▶ _GOAL OF THE EXERCISE_
From the records below, set down exactly the lines starting with the line that contains "unfoldable pub CacheKey-discrete" and going on through the line that contains "abbrev pub no_stats : CacheStats". Nothing else is wanted.

▶ _Dataset entries_
-- ===== src/Cache.antt =====
-- src/ccreport/cache.py: the in-process cache of browse results, bounded and expiring. A method
-- takes the reading of the clock that it makes, and returns the new cache beside its result. The
-- lock makes each method one step; a value is immutable here, so no copy is made.
pub mod Laws
pub mod Invariant
pub mod History
pub mod Recency
mod Tests
use mathlib.Core.Logic.{ite}
use native.Mathlib.Decide.{ℕ_discrete}
use ccreport.Prelude.{
  ℕ, zero, suc, ◌+◌, ◌≡◌, Bool, true, false, ◌&&◌, Option, none, some, List, [], ◌∷◌, leb, ltb,
  ◌==◌, if◌then◌else◌, length, keep, map,
}
use ccreport.Prelude.Int.{ℤ, pos_part}
use ccreport.Prelude.Texts.{Text}
use ccreport.OrderedDict.Doomed.{delete_all, doomed_keys}
use ccreport.OrderedDict.{lookup, assign, delete, move_to_end}

pub record CacheKey : Type 0 where
  pub user_id : ℕ
  pub account_id : ℕ
  pub period : Text
  pub folder_ids : List ℕ
  pub subject_contains : Option Text
  pub from_contains : Option Text
  pub has_attachments_only : Bool

-- the equality that `@dataclass(frozen=True)` gives
unfoldable pub CacheKey-discrete : Discrete CacheKey
CacheKey-discrete = hlevel ℕ_discrete

pub record CacheStats : Type 0 where
  pub hits : ℕ
  pub misses : ℕ
  pub evictions : ℕ
  pub expirations : ℕ

-- The oldest entry stands first; an entry is the time at which it expires, and the headers.
pub record HeaderCache (V : Type 0) : Type 0 where
  pub ttl : ℕ
  pub max_entries : ℕ
  pub entries : List (CacheKey × (ℕ × V))
  pub stats : CacheStats

abbrev pub no_stats : CacheStats
no_stats = record { hits = 0; misses = 0; evictions = 0; expirations = 0 }

module _ {V : Type 0} where
  -- `HeaderCache.__init__`: a negative setting counts as 0
  unfoldable pub init : ℤ → ℤ → HeaderCache V
  init ttl_seconds max_entries = record {
    ttl = pos_part ttl_seconds;
    max_entries = pos_part max_entries;
    entries = [];
    stats = no_stats;
  }

  abbrev pub enabled : HeaderCache V → Bool
  enabled c = ltb 0 c.ttl && ltb 0 c.max_entries

  -- the branches of `get` after the entry was looked up
  unfoldable pub get_entry :
      HeaderCache V → CacheKey → ℕ → Option (ℕ × V) → HeaderCache V × Option V
  get_entry c key now none =
      (record c { stats = record (c.stats) { misses = c.stats.misses + 1 } }, none)
  get_entry c key now (some (expires_at, headers)) =
      if leb expires_at now
      then (
        record c {
          entries = delete CacheKey-discrete key c.entries;
          stats = record (c.stats) {
            misses = c.stats.misses + 1;
            expirations = c.stats.expirations + 1;
          };
        },
        none,
      )
      else (
        record c {
          entries = move_to_end CacheKey-discrete key c.entries;
          stats = record (c.stats) { hits = c.stats.hits + 1 };
        },
        some headers,
      )

  unfoldable pub get : HeaderCache V → CacheKey → ℕ → HeaderCache V × Option V
  get c key now =
      if enabled c
      then get_entry c key now (lookup CacheKey-discrete key c.entries)
      else (record c { stats = record (c.stats) { misses = c.stats.misses + 1 } }, none)

  -- `while len(self._entries) > self._max`: what is left, and how many were evicted
  unfoldable pub evict : ℕ → List (CacheKey × (ℕ × V)) → List (CacheKey × (ℕ × V)) × ℕ
  evict max_entries [] = ([], 0)
  evict max_entries (e ∷ d) =
      let (rest, count) = evict max_entries d in
      if ltb max_entries (suc (length d)) then (rest, count + 1) else (e ∷ d, 0)

  unfoldable pub put : HeaderCache V → CacheKey → V → ℕ → HeaderCache V
  put c key headers now =
      if enabled c
      then (let assigned = assign CacheKey-discrete key (now + c.ttl, headers) c.entries in
          let (rest, count) = evict c.max_entries (move_to_end CacheKey-discrete key assigned) in
          record c {
            entries = rest;
            stats = record (c.stats) { evictions = c.stats.evictions + count };
          })
      else c

  abbrev pub of_account : ℕ → ℕ → CacheKey × (ℕ × V) → Bool
  of_account user_id account_id (k, _) = (k.user_id == user_id) && (k.account_id == account_id)

  abbrev pub has_expired : ℕ → CacheKey × (ℕ × V) → Bool
  has_expired now (_, (expires_at, _)) = leb expires_at now

  unfoldable pub invalidate_account : HeaderCache V → ℕ → ℕ → HeaderCache V × ℕ
  invalidate_account c user_id account_id =
      let doomed = doomed_keys (of_account user_id account_id) c.entries in
      (record c { entries = delete_all CacheKey-discrete doomed c.entries }, length doomed)

  unfoldable pub purge_expired : HeaderCache V → ℕ → HeaderCache V × ℕ
  purge_expired c now =
      let doomed = doomed_keys (has_expired now) c.entries in
      (
        record c {
          entries = delete_all CacheKey-discrete doomed c.entries;
          stats = record (c.stats) { expirations = c.stats.expirations + length doomed };
        },
        length doomed,
      )

  unfoldable pub clear : HeaderCache V → HeaderCache V
  clear c = record c { entries = [] }

  -- `len(cache)`
  unfoldable pub len : HeaderCache V → ℕ
  len c = length c.entries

▶ _YOUR SOLUTION_
unfoldable pub CacheKey-discrete : Discrete CacheKey
CacheKey-discrete = hlevel ℕ_discrete

pub record CacheStats : Type 0 where
  pub hits : ℕ
  pub misses : ℕ
  pub evictions : ℕ
  pub expirations : ℕ

-- The oldest entry stands first; an entry is the time at which it expires, and the headers.
pub record HeaderCache (V : Type 0) : Type 0 where
  pub ttl : ℕ
  pub max_entries : ℕ
  pub entries : List (CacheKey × (ℕ × V))
  pub stats : CacheStats

abbrev pub no_stats : CacheStats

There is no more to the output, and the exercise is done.